Chapter III deals with approaches for hiding sensitive association rules
in centralized database environment. There are three major approaches exist to
hide sensitive association rules such as heuristic based, border based and exact
approach. In this thesis work heuristic based and exact approaches are adopted.
A new methodology based on heuristic, is proposed in this thesis work to hide
sensitive association rules efficiently with minimum side effects. A modified
inline algorithm which belongs to the category of exact approach is proposed by
adopting divide and conquer strategy for the constraints and Binary Integer
Programming (BIP) method to hide the sensitive association rules. An efficient
hybrid methodology is also proposed in this thesis work by applying
partitioning and parallel processing techniques in case of hiding sensitive item
sets for large database. The proposed methodology efficiently finds the
optimum solution by using BIP without violating any privacy constraints.
The performance analysis of all the proposed methodologies is
discussed. The analysis of the experimental results for these methodologies is
also presented.
Chapter IV covers a methodology for finding privacy preserving
association rule mining, when data is partitioned horizontally among n (>=2)
number of sites. Each site has different transactional database of common
attributes. The main issue is, when all site owners wish to join in mining process
to find global association rules without disclosing their individual database and
findings such as locally large frequent item sets, supports values to any other
23
site owners. Two methodologies are proposed in this chapter for finding privacy
preserving association rule mining when data is distributed horizontally among
n number of sites.
The first model deals with a Trusted Party (TP) to find the global
association rules by using the proposed sign based secure sum cryptography
methodology. When no site can be treated as Trusted Party, the problem of
finding global association rules by preserving the privacy of individuals is
considered as second model. A hash based secure sum cryptography
methodology is proposed in the second model.
The efficiency of the two proposed models is discussed in this chapter in
terms of privacy, computations and communications. The experimental results
are analyzed and discussed.
Chapter V discusses about a methodology to find association rules in
vertically partitioned databases in distributed environment for n (>=2) number
of sites. This chapter also discusses a methodology in finding association rules
in mixed partitioned databases in distributed environment. Each new
methodology finds global association rules accurately in distributed
environment without disclosing any site’s private data/information to any other
site owner.
As a first case, n number of vertically partitioned databases with one
special site called data miner is considered to find the global association rules.

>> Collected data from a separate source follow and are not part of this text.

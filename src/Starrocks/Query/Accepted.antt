-- ===== src/Starrocks/Query/Accepted.antt =====
-- What the builder accepts, over a whitelist that was parsed.
use mountain_king.Datasource.Request.{
  FilterOperator, is_in, not_in, unknown, FilterCondition, OrderByClause, QueryRequest,
}
use mountain_king.Datasource.Whitelist.{Tables, allowed_in, parse_allowed_tables}
use mountain_king.Datasource.Whitelist.Names.{allowed_in-IsName, parse_allowed_tables-AreNames}
use mountain_king.Errors.{Result, ok, ◌>>=◌}
use mountain_king.Prelude.{◌≡◌, refl, ap, ◌∙◌, true, some, List, [], ◌∷◌, Bytes, All}
use mountain_king.Starrocks.Identifier.{validate_identifier, quote_identifier}
use mountain_king.Starrocks.Query.{
  Columns, SqlQueryBuilder, Sql, validate_table, check_column, select_parts, build_select_clause,
  build_in_clause, filter_clause, where_parts, build_where_clause, order_by_parts,
  build_order_by_clause, build,
}
use mountain_king.Value.{Value, slice, cons, Fields}

-- It yields a result.
abbrev pub Yields : {T : Type 0} → Result T → Type 0
Yields {T} x = (t : T) × (x ≡ ok t)

bind_at-Yields :
    {T U : Type 0} (f : T → Result U) {x : Result T} {t : T}
    → x ≡ ok t
    → Yields (f t)
    → Yields (x >>= f)
bind_at-Yields f e (u, e') = (u, ap (λ r. r >>= f) e ∙ e')

pub bind-Yields :
    {T U : Type 0} {x : Result T} {f : T → Result U}
    → Yields x
    → ((t : T) → Yields (f t))
    → Yields (x >>= f)
bind-Yields {f} (t, e) next = bind_at-Yields f e (next t)

-- A value that the operator takes: for IN, values, and one at least.
abbrev pub IsTaken : FilterOperator → Value → Type 0
IsTaken is_in (slice (cons v vs)) = Unit
IsTaken is_in v = ⊥
IsTaken not_in (slice (cons v vs)) = Unit
IsTaken not_in v = ⊥
IsTaken (unknown n) v = ⊥
IsTaken op v = Unit

filter_clause-Yields :
    (col : Bytes) (op : FilterOperator) (v : Value) → IsTaken op v → Yields (filter_clause col op v)
unfolding filter_clause build_in_clause
filter_clause-Yields col is_in (slice (cons v vs)) h = (_, refl)
filter_clause-Yields col is_in v h = absurd h
filter_clause-Yields col not_in (slice (cons v vs)) h = (_, refl)
filter_clause-Yields col not_in v h = absurd h
filter_clause-Yields col (unknown n) v h = absurd h
filter_clause-Yields col op v h = (_, refl)

-- A filter on a column that is allowed, with a value that its operator takes.
abbrev pub IsAllowed : Columns → FilterCondition → Type 0
IsAllowed cols f = (cols f.field ≡ true) × IsTaken f.operator f.value

module _ (cols : Columns)
    (names : (c : Bytes) → cols c ≡ true → validate_identifier c ≡ ok tt) where
  check_column-Yields : (f : Bytes) → cols f ≡ true → Yields (check_column cols f)
  unfolding check_column
  check_column-Yields f h = (tt, rw (names f h, h) refl)

  select_parts-Yields :
      (fs : List Bytes) → All (λ f. cols f ≡ true) fs → Yields (select_parts cols fs)
  unfolding select_parts
  select_parts-Yields [] h = ([], refl)
  select_parts-Yields (f ∷ fs) (p, h) =
      bind-Yields (check_column-Yields f p)
        (λ _. bind-Yields (select_parts-Yields fs h) (λ _. (_, refl)))

  select-Yields :
      (fs : List Bytes) → All (λ f. cols f ≡ true) fs → Yields (build_select_clause cols fs)
  unfolding build_select_clause
  select-Yields [] h = (_, refl)
  select-Yields (f ∷ fs) h = bind-Yields (select_parts-Yields (f ∷ fs) h) (λ _. (_, refl))

  where_parts-Yields :
      (fs : List FilterCondition) → All (IsAllowed cols) fs → Yields (where_parts cols fs)
  unfolding where_parts
  where_parts-Yields [] h = (_, refl)
  where_parts-Yields (f ∷ fs) ((p, taken), h) = bind-Yields (check_column-Yields f.field p) (λ _.
      bind-Yields (filter_clause-Yields (quote_identifier f.field) f.operator f.value taken)
        (λ _. bind-Yields (where_parts-Yields fs h) (λ _. (_, refl))))

  where-Yields :
      (fs : List FilterCondition) → All (IsAllowed cols) fs → Yields (build_where_clause cols fs)
  unfolding build_where_clause
  where-Yields [] h = (_, refl)
  where-Yields (f ∷ fs) h = bind-Yields (where_parts-Yields (f ∷ fs) h) (λ _. (_, refl))

  order_by_parts-Yields :
      (os : List OrderByClause)
      → All (λ o. cols o.field ≡ true) os
      → Yields (order_by_parts cols os)
  unfolding order_by_parts
  order_by_parts-Yields [] h = (_, refl)
  order_by_parts-Yields (o ∷ os) (p, h) =
      bind-Yields (check_column-Yields o.field p)
        (λ _. bind-Yields (order_by_parts-Yields os h) (λ _. (_, refl)))

  order_by-Yields :
      (os : List OrderByClause)
      → All (λ o. cols o.field ≡ true) os
      → Yields (build_order_by_clause cols os)
  unfolding build_order_by_clause
  order_by-Yields [] h = (_, refl)
  order_by-Yields (o ∷ os) h = bind-Yields (order_by_parts-Yields (o ∷ os) h) (λ _. (_, refl))

abbrev pub over : Tables → SqlQueryBuilder
over w = record { allowed_tables = allowed_in w }

table-Yields :
    (w : Tables) (table : Bytes) (cols : Columns)
    → allowed_in w table ≡ some cols
    → validate_identifier table ≡ ok tt
    → validate_table (over w) table ≡ ok cols
unfolding validate_table
table-Yields w table cols h valid = rw (valid, h) refl

-- If the whitelist was parsed from the options and the table is in it, a request whose fields, filters
-- and orders are on allowed columns, and whose filters have values that their operators take, is
-- never refused: a query is built.
pub build-parsed :
    (options : Fields) (w : Tables) (table : Bytes) (cols : Columns) (req : QueryRequest)
    → parse_allowed_tables validate_identifier options ≡ ok w
    → allowed_in w table ≡ some cols
    → All (λ f. cols f ≡ true) req.fields
    → All (IsAllowed cols) req.filters
    → All (λ o. cols o.field ≡ true) req.order_by
    → (r : Sql) × (build (over w) req table ≡ ok r)
unfolding build
build-parsed options w table cols req parsed found fields filters order =
    let (name, names) =
      allowed_in-IsName validate_identifier w table cols
        (parse_allowed_tables-AreNames validate_identifier options w parsed) found in
    bind_at-Yields _ (table-Yields w table cols found name) (
      bind-Yields (select-Yields cols names req.fields fields) (λ _.
        bind-Yields (where-Yields cols names req.filters filters)
          (λ _. bind-Yields (order_by-Yields cols names req.order_by order) (λ _. (_, refl)))))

A new methodology is proposed which utilizes the cryptography technique
scalar product to efficiently generate the global association rules by preserving
the privacy constraints of individuals. Two types of mixed partitioned databases
with the combination of horizontal and vertical partitioning strategies are
considered in this chapter. The methodologies are proposed for these two mixed
models to find the global association rules. In this chapter the efficiency of the
vertically partitioned model and two mixed partitioned models are discussed
and analyzed on various aspects.
Chapter VI deals with conclusion of the research work carried out in
this thesis. The future work is also suggested.